March 29, 2016, by Tony Hong
The ancient Chinese fortune cookie
By David O’Brien,
Assistant Professor School of Contemporary Chinese Studies.
Last week I saw young Russian guys on campus wearing fake red beards and leprechaun hats, Chinese girls with shamrock t-shirts and Irish flags flying from a kiosk on the High Street.
It was of course St Patrick’s Day, national day of my homeland and as they say, a day when everyone is Irish. I must admit I do get a kick out of this as an Irish person abroad but I also never really know how to understand it.
You see for most people of my age and older this is very different to how we remember the St Patrick’s Day of our youth.
In my childhood this was a predominantly religious festival, commemorating the arrival of Christianity in Ireland. St Patrick, we are told, was a slave captured in Britain or maybe France in the fifth century who took pity on his captors’ pagan ways and eventually devoted his life to their conversion.

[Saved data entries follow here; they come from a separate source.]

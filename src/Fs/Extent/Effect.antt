-- ===== src/Fs/Extent/Effect.antt =====
-- What the small steps of extent.c do to the layout and to the queue.
use metal_fs.Base.{ℕ, ◌≡◌, refl, none, some}
use metal_fs.Fs.Types.{NodeId, Extent}
use metal_fs.Fs.State.{Databases, Txn, ok}
use metal_fs.Fs.Tiling.{update}
use metal_fs.Fs.Space.{enqueue, node, free_at}
use metal_fs.Fs.View.{layout, queue, extents-put, extents-del, heap-put, heap-del}
use metal_fs.Fs.Heap.{heap_insert, heap_delete}
use metal_fs.Fs.Extent.{put_extent, delete_extent, insert_free}

module _ (L : Databases) (t : Txn L) where
  pub layout-put_extent :
      (o : ℕ) (e : Extent) → layout L (put_extent L t o e) ≡ update (layout L t) o (some e)
  unfolding put_extent
  layout-put_extent o e = extents-put L t.extents o e

  pub queue-put_extent : (o : ℕ) (e : Extent) → queue L (put_extent L t o e) ≡ queue L t
  unfolding put_extent
  queue-put_extent o e = refl

  pub layout-delete_extent : (o : ℕ) → layout L (delete_extent L t o) ≡ update (layout L t) o none
  unfolding delete_extent
  layout-delete_extent o = extents-del L t.extents o

  pub queue-delete_extent : (o : ℕ) → queue L (delete_extent L t o) ≡ queue L t
  unfolding delete_extent
  queue-delete_extent o = refl

  pub layout-insert_free :
      (o len : ℕ) → layout L (insert_free L t o len) ≡ update (layout L t) o (some (free_at len o))
  unfolding insert_free heap_insert put_extent
  layout-insert_free o len = extents-put L t.extents o (free_at len o)

  pub queue-insert_free :
      (o len : ℕ) → queue L (insert_free L t o len) ≡ enqueue (queue L t) (node len o) (some o)
  unfolding insert_free heap_insert put_extent
  queue-insert_free o len = heap-put L t.heap (node len o) o

  -- The transaction after a node is taken off the heap.
  unfoldable pub popped : NodeId → Txn L
  popped n = record t { heap = L.heap.del t.heap n }

  pub heap_delete-ok :
      (n : NodeId) {v : ℕ} → queue L t n ≡ some v → heap_delete L t n ≡ ok (popped n)
  unfolding heap_delete popped
  heap_delete-ok n h = rw (h, heap_delete)

  pub layout-popped : (n : NodeId) → layout L (popped n) ≡ layout L t
  unfolding popped
  layout-popped n = refl

  pub queue-popped : (n : NodeId) → queue L (popped n) ≡ enqueue (queue L t) n none
  unfolding popped
  queue-popped n = heap-del L t.heap n

pub ruleset effects = (
  layout-popped, queue-popped, layout-put_extent, queue-put_extent, layout-delete_extent,
  queue-delete_extent, layout-insert_free, queue-insert_free,
)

In the 1980s when I was a kid in Ireland we celebrated this with a rather long Mass and far more excitingly a special dispensation from the 40-day Lenten fast which many Catholics observe in the run-up to Easter. Which in my case meant being able to eat sweets until I felt sick…oh the joy!
And unlike the festival it has since become, there was really very little drinking, the pubs being closed for much of the day as it was a Church holiday.
Today drinking seems to be the central attraction rather than contemplation on the parables of Patrick – such as the Holy Trinity of God the Father, Son and Holy Spirit being three but also one just like the little shamrock with its three leaves.
In Ireland too it has become a festival of booze and merriment with large colourful parades in most towns.
This however is really an invented tradition created in the past twenty years by the marketing folks at the Irish Tourist Board and copied directly from the famous parades in New York and Boston.
It has in many ways become a festival of homecoming for people who claim a connection either real or imagined, with the little green island on the edge of Europe.
China of course is also a place of invented tradition where many age-old customs are in fact on closer inspection manufactured for tourists. One thinks of the numerous ‘ethnic villages’ where ethnic people can be seen in ‘their natural environment’, ‘performing their traditional songs and dances’.
Another example of an invented tradition now being brought to China from oversees is the case of Shanghai’s first western-style Chinese restaurant which opened in recent months. All the familiar favourites are on the menu, sweet and sour pork, General Tso’s chicken and fortune cookies – indeed it is even called Fortune Cookie.
According to a report on America’s National Public Radio Chinese citizens now make up about 40 percent of Fortune Cookie’s patronage, but the majority of customers are American expatriates.
“It’s kind of embarrassing that you’re in China eating American-Chinese food, but it was just spot on,” Emery-Moore, an American art teacher at Shanghai American School told NPR. “I feel calm. I feel relaxed. I feel like I’m at home.
I’m still not sure if seeing people wearing leprechaun hats in a university in China makes me feel at home but it does make me smile.